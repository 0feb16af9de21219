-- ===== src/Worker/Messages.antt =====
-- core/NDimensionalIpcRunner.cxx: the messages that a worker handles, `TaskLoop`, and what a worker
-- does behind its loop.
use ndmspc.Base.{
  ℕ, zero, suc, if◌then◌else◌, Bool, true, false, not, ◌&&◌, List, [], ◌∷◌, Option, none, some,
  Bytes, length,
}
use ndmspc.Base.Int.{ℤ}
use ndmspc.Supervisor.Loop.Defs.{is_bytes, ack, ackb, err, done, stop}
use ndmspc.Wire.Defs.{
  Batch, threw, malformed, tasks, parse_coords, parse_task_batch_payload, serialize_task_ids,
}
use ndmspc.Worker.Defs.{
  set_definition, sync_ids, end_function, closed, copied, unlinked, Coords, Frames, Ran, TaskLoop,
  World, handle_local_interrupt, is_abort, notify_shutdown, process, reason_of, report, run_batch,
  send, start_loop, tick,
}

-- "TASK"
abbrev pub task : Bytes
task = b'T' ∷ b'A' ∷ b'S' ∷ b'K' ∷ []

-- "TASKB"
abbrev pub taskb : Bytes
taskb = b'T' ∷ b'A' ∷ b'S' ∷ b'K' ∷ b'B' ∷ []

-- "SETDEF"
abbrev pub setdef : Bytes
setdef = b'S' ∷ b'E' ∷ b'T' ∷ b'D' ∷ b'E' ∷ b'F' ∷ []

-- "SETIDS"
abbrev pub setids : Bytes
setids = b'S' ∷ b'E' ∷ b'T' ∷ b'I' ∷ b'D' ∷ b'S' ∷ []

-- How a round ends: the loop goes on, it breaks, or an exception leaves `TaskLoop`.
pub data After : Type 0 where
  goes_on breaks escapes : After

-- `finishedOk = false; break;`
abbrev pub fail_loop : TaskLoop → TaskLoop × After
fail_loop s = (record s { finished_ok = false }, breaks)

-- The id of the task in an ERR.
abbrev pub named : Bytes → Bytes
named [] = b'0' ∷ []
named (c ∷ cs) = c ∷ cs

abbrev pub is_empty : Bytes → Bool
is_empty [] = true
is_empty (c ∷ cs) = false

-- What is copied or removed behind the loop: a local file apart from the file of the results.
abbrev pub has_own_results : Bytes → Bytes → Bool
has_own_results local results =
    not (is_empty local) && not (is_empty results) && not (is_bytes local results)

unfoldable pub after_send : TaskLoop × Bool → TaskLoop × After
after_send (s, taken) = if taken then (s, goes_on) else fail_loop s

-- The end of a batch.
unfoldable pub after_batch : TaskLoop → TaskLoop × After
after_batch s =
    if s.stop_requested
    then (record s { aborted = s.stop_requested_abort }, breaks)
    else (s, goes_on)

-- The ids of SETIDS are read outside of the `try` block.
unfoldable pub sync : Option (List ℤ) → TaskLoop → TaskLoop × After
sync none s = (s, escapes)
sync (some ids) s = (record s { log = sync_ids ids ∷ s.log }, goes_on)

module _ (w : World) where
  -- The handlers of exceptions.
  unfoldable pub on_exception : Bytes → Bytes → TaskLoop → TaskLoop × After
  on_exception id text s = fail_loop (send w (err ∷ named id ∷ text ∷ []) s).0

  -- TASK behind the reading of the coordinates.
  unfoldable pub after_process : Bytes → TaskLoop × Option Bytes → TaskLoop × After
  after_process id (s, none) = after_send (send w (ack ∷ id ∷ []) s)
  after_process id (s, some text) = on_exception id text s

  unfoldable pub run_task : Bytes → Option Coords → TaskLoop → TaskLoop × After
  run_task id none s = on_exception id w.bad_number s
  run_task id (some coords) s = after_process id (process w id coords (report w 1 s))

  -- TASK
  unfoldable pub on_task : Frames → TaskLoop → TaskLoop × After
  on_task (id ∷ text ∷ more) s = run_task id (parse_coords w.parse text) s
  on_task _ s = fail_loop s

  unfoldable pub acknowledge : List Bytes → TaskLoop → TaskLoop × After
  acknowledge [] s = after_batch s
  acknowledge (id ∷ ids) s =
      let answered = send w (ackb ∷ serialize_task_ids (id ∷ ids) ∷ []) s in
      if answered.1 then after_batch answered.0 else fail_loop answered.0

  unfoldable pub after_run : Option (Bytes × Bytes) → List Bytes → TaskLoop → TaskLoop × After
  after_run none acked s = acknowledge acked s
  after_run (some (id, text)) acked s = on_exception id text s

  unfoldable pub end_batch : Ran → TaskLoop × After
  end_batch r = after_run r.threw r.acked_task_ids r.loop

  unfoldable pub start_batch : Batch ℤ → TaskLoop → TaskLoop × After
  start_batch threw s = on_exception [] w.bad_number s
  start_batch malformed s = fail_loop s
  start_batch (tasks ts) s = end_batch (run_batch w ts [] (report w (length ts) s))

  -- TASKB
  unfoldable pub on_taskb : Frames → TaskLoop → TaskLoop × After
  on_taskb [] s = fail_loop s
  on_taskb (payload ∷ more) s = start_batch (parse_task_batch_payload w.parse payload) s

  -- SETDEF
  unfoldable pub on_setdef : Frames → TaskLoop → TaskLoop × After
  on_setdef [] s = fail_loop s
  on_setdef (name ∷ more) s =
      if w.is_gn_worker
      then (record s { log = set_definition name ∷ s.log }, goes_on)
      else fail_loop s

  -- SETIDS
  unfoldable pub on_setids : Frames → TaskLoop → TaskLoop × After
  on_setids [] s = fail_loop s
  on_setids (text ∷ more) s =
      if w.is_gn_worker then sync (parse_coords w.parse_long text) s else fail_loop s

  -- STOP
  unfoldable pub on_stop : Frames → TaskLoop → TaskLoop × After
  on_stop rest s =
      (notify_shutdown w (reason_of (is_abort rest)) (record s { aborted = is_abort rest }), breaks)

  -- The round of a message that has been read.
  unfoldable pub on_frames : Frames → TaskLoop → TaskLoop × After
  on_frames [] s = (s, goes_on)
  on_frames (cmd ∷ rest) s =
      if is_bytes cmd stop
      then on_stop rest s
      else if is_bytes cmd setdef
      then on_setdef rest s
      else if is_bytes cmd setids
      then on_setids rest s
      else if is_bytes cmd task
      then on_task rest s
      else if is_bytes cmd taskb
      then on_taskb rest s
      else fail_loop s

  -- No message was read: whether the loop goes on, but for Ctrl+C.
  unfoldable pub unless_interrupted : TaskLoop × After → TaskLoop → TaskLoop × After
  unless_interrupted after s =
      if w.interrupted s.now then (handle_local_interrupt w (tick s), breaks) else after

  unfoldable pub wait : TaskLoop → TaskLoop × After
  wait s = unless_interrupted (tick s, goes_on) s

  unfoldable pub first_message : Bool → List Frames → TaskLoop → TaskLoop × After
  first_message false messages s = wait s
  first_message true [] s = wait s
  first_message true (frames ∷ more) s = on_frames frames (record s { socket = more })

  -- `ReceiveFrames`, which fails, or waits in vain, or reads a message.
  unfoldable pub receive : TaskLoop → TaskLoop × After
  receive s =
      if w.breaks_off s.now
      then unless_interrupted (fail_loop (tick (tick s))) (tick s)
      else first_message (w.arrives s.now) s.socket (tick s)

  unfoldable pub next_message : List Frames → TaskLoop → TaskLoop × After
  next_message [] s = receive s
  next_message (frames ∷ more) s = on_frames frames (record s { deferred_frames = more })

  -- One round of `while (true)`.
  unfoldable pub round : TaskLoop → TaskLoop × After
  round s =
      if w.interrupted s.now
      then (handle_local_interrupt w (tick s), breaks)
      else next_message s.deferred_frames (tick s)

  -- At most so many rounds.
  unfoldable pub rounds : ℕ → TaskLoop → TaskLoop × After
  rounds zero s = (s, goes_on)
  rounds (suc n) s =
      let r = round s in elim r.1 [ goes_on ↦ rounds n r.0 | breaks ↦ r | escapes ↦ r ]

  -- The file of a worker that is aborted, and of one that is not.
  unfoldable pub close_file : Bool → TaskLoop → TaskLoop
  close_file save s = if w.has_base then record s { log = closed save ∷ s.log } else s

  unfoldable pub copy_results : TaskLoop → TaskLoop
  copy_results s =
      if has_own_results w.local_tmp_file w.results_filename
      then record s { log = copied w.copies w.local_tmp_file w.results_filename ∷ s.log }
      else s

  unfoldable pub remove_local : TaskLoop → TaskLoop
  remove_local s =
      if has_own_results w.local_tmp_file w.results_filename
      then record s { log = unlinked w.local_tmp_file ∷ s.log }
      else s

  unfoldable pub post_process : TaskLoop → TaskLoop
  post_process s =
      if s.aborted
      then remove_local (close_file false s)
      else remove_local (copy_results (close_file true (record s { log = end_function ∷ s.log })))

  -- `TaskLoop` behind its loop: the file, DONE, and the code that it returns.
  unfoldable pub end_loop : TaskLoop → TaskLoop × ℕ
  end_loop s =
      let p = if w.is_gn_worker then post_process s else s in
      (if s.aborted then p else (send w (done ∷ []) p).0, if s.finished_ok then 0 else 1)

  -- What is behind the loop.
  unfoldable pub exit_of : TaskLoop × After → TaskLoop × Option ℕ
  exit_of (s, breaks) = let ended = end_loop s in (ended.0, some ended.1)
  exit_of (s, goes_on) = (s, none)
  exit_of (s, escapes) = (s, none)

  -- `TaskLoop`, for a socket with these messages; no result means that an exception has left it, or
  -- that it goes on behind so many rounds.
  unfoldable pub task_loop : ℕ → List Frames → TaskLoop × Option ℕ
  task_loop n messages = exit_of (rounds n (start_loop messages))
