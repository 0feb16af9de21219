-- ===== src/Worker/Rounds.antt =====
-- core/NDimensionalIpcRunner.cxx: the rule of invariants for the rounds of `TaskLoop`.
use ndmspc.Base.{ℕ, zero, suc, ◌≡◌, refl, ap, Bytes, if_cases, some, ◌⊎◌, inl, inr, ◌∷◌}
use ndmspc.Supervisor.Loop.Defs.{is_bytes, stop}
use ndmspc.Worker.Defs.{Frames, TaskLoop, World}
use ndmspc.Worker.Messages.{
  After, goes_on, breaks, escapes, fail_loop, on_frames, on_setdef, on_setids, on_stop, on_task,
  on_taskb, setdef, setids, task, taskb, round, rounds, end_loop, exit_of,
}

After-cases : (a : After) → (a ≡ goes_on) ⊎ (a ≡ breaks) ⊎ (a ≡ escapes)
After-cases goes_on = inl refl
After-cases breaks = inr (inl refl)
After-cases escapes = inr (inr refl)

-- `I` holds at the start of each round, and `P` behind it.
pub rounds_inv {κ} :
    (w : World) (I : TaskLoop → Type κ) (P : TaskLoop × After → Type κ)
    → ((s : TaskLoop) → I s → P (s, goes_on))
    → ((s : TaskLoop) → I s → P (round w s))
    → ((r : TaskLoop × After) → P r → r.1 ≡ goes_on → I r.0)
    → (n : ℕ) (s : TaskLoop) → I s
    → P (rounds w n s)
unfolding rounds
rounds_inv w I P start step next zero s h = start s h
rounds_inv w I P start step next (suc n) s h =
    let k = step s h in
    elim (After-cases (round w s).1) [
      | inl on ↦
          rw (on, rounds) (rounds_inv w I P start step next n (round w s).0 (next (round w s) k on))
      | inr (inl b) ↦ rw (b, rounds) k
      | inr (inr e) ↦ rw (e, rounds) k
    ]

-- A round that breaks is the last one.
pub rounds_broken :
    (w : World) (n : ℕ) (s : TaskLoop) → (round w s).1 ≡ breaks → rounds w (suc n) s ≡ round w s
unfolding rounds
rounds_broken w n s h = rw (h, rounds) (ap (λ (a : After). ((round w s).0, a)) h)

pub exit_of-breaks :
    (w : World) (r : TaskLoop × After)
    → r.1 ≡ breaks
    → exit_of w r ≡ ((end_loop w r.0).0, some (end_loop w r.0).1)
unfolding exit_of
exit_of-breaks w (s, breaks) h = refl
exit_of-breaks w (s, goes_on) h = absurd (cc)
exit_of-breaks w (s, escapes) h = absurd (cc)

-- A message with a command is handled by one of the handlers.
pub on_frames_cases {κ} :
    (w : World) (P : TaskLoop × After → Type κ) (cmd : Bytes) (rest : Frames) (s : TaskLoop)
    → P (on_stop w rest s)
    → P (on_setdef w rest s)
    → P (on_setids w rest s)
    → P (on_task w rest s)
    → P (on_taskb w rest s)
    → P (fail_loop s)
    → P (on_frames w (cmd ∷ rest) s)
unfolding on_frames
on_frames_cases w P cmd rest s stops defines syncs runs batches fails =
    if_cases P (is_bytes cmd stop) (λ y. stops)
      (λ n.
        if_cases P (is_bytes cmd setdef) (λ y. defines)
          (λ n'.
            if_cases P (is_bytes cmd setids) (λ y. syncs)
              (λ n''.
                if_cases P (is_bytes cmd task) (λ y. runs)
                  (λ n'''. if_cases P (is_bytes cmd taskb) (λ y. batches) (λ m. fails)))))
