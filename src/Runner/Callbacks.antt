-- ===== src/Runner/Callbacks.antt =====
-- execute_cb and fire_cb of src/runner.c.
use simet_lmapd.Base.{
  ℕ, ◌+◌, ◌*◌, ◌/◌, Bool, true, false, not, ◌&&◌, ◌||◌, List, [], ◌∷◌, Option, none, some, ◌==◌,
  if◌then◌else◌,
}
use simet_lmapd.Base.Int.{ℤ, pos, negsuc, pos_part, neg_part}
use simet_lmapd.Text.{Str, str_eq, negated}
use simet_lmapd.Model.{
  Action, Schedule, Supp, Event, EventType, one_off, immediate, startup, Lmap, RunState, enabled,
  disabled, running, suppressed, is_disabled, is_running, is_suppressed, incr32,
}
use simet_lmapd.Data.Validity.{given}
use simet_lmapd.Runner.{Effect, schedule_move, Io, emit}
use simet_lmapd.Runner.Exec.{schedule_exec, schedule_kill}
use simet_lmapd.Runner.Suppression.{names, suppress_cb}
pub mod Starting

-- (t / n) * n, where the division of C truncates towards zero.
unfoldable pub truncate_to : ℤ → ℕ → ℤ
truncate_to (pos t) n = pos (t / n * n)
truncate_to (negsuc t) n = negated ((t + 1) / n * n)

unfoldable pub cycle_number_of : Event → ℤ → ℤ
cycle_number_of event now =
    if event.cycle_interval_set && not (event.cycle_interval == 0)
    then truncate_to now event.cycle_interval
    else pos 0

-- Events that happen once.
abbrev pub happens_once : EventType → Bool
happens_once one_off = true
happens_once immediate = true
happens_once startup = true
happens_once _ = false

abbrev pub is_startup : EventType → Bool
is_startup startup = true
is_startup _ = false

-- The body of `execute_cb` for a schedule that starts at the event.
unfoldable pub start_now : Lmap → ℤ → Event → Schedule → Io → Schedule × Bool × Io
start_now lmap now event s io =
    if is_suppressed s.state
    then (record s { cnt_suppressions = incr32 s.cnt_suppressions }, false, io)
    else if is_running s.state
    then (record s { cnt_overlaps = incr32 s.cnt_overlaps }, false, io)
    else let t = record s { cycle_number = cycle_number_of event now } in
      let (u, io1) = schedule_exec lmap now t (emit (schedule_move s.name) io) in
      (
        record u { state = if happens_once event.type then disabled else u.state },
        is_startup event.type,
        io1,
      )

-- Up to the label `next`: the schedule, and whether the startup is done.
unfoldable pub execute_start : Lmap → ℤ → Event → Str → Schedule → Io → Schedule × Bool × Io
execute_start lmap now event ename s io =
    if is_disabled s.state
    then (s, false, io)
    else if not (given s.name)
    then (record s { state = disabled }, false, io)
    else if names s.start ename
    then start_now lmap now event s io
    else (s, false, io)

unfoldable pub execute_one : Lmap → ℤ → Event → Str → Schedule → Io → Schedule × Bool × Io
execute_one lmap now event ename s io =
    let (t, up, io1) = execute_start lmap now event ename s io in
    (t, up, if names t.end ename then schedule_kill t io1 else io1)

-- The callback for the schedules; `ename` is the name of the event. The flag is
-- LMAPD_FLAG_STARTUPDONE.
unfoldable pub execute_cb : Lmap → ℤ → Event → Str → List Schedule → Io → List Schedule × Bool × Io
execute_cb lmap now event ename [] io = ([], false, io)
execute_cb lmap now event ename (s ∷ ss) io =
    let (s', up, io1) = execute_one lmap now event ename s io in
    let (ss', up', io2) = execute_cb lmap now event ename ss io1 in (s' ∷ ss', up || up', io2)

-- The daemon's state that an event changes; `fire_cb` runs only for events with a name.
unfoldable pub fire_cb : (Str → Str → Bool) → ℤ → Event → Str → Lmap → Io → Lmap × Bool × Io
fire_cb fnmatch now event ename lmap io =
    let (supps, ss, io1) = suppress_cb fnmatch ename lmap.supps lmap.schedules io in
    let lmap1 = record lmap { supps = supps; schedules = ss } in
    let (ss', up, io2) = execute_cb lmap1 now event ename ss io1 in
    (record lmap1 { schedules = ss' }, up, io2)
════════════════════
Task to carry out: The word "fnmatch" may turn up on some lines of these records; say how many, with no other words.

Exercise response: 2